_YOUR GOAL_
Select from the records below every line that has the word "some" in it.

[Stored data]
-- ===== src/Active/Values.antt =====
-- The values that are kept to compare late replies with.
use fall2026_18749_project.Prelude.{
  ℕ, ◌≡◌, none, some, List, [], ◌∷◌, Table, nat_eq, arith, if◌then◌else◌,
}
use fall2026_18749_project.Value.{Value}
use fall2026_18749_project.Active.{ReplicaConnection, is_settled, keep_open, find_value, put_value}

module _ (connections : Table ReplicaConnection) where
  -- `_prune_delivered_values` forgets the value for a number if every connection has answered the
  -- number or is finished, and keeps it otherwise.
  find_value-keep_open :
      (d : List (ℕ × Value)) (n : ℕ)
      → find_value (keep_open connections d) n
        ≡ (if is_settled connections n then none else find_value d n)
  unfolding find_value keep_open
  find_value-keep_open [] n = ground arith
  find_value-keep_open ((k, v) ∷ d) n = ground (arith, find_value-keep_open d n)

pub find_value-put_value :
    (d : List (ℕ × Value)) (k n : ℕ) (v : Value)
    → find_value (put_value d k v) n ≡ (if nat_eq k n then some v else find_value d n)
unfolding find_value put_value
find_value-put_value [] k n v = ground arith
find_value-put_value ((j, w) ∷ d) k n v = ground (arith, find_value-put_value d k n v)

_EXERCISE SOLUTION_
  ℕ, ◌≡◌, none, some, List, [], ◌∷◌, Table, nat_eq, arith, if◌then◌else◌,
    → find_value (put_value d k v) n ≡ (if nat_eq k n then some v else find_value d n)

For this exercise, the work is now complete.